### What this task involves
What is needed is an exact copy of the line with "pub mod Outcomes" and all lines that follow it in the entries below, the last line included.

Saved data entries:
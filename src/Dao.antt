-- ===== src/Dao.antt =====
-- The corporation DAO (sysbreak-corporation-dao/src): definitions in the first modules, proofs below.
pub mod State
pub mod Helpers
pub mod Members
pub mod Proposals
pub mod Execution
pub mod Payouts
pub mod Contract
pub mod Votes
pub mod Steps
pub mod Trace
pub mod Migration
pub mod Induction
pub mod Tally
pub mod Finality
pub mod Voting
pub mod Outcomes
pub mod Spending
pub mod Claiming
pub mod Roster
pub mod Claims
pub mod Fees
pub mod Query
pub mod Status
pub mod Runs
pub mod Tests
pub mod TreasuryTests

### Result below
pub mod Outcomes
pub mod Spending
pub mod Claiming
pub mod Roster
pub mod Claims
pub mod Fees
pub mod Query
pub mod Status
pub mod Runs
pub mod Tests
pub mod TreasuryTests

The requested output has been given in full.